═════ TASK MATERIAL

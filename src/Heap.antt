-- ===== src/Heap.antt =====
-- MinHeap of comit/manage/ackmessage.go: the slice of pointers to the messages that wait for an
-- ack, and Go's container/heap over its Len, Less, Swap, Push and Pop.
pub mod Order
pub mod Up
pub mod Down
pub mod Members
pub mod Ops
pub mod Insert
pub mod Refines
mod Tests
use zqim.Prelude.{
  ℕ, zero, suc, ◌+◌, ◌-◌, ◌*◌, ◌/◌, Bool, not, ◌&&◌, ◌||◌, List, [], ◌∷◌, Option, none, some, ltb,
  leb, ◌==◌, if◌then◌else◌,
}

-- `index` is `none` for the -1 that Pop leaves.
pub record AckMessage : Type 0 where
  pub body : List ℕ
  pub msgid : ℕ
  pub grop_or_one : ℕ
  pub receiver : ℕ
  pub timeout : ℕ
  pub index : Option ℕ
  pub ntime : ℕ

-- The slice: its length, and the address at each position below it. The messages live behind
-- their addresses, since the contexts of the connections point to them too.
pub record Heap : Type 0 where
  pub len : ℕ
  pub at : ℕ → ℕ
  pub msg : ℕ → AckMessage

-- A write to a slice element, or to a message behind its address.
abbrev pub update {ℓ} : {A : Type ℓ} → (ℕ → A) → ℕ → A → ℕ → A
update f i v j = if i == j then v else f j

abbrev pub set_index : ℕ → Option ℕ → Heap → Heap
set_index p v h = record h { msg = update h.msg p (record (h.msg p) { index = v }) }

abbrev pub key : Heap → ℕ → ℕ
key h i = (h.msg (h.at i)).timeout

unfoldable pub less : Heap → ℕ → ℕ → Bool
less h i j = leb (key h i) (key h j)

unfoldable pub swap : Heap → ℕ → ℕ → Heap
swap h i j =
    let moved : Heap = record h { at = update (update h.at i (h.at j)) j (h.at i) } in
    let first = set_index (moved.at i) (some i) moved in set_index (first.at j) (some j) first

-- `(h *MinHeap) Push`
unfoldable pub push_back : Heap → ℕ → Heap
push_back h p =
    let numbered = set_index p (some h.len) h in
    record numbered { len = h.len + 1; at = update h.at h.len p }

-- `(h *MinHeap) Pop`, on a slice that is not empty.
unfoldable pub pop_back : Heap → ℕ × Heap
pop_back h =
    let x = h.at (h.len - 1) in
    let marked = set_index x none h in (x, record marked { len = h.len - 1 })

abbrev pub parent : ℕ → ℕ
parent j = (j - 1) / 2

-- container/heap's `up`. Each round moves to the parent, so `j` rounds are enough: at 0 the loop
-- ends by its test.
unfoldable pub up_loop : ℕ → Heap → ℕ → Heap
up_loop zero h j = h
up_loop (suc fuel) h j =
    let i = parent j in
    let rest = up_loop fuel (swap h i j) i in if i == j || not (less h j i) then h else rest

unfoldable pub up : Heap → ℕ → Heap
unfolding up_loop
up h j = up_loop j h j

-- The child of `i` that `down` compares with.
unfoldable pub child : Heap → ℕ → ℕ → ℕ
child h i n =
    let left = 2 * i + 1 in if ltb (left + 1) n && less h (left + 1) left then left + 1 else left

-- container/heap's `down`, with the position that it ends at. `n - i` rounds are enough: at `n` or
-- beyond the loop ends by its test.
unfoldable pub down_loop : ℕ → Heap → ℕ → ℕ → Heap × ℕ
down_loop zero h i n = (h, i)
down_loop (suc fuel) h i n =
    let j = child h i n in
    let rest = down_loop fuel (swap h i j) j n in
    if leb n (2 * i + 1) || not (less h j i) then (h, i) else rest

unfoldable pub down : Heap → ℕ → ℕ → Heap × ℕ
unfolding down_loop
down h i n = down_loop (n - i) h i n

-- heap.Push
unfoldable pub push : Heap → ℕ → Heap
push h p = let h' = push_back h p in up h' (h'.len - 1)

-- heap.Pop: Swap panics on an empty slice.
unfoldable pub pop : Heap → Option (ℕ × Heap)
pop h = let n = h.len - 1 in if h.len == 0 then none else some (pop_back (down (swap h 0 n) 0 n).0)

-- heap.Remove: Swap panics when `i` is not a position of the slice. `down` has moved the element
-- if it ends elsewhere.
pub repair : Heap → ℕ → ℕ → Heap
repair h i n = let (h', k) = down h i n in if ltb i k then h' else up h' i

unfoldable pub remove : Heap → ℕ → Option (ℕ × Heap)
unfolding repair
remove h i =
    let n = h.len - 1 in
    if leb h.len i then none else some (pop_back (if n == i then h else repair (swap h i n) i n))

-- heap.Fix
unfoldable pub fix : Heap → ℕ → Heap
unfolding repair
fix h i = repair h i h.len

-- MinHeap.Delete: a message whose index is -1 is not in the heap.
unfoldable pub delete : Heap → ℕ → Option Heap
delete h p = elim (h.msg p).index [
  | none ↦ some h
  | some i ↦ elim (remove h i) [ none ↦ none | some (q, h') ↦ some h' ]
]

══════════

_TRY IT_.
From the data above, gather every line that includes the word "container".

_EXERCISE RESULT_.
-- ack, and Go's container/heap over its Len, Less, Swap, Push and Pop.
-- container/heap's `up`. Each round moves to the parent, so `j` rounds are enough: at 0 the loop
-- container/heap's `down`, with the position that it ends at. `n - i` rounds are enough: at `n` or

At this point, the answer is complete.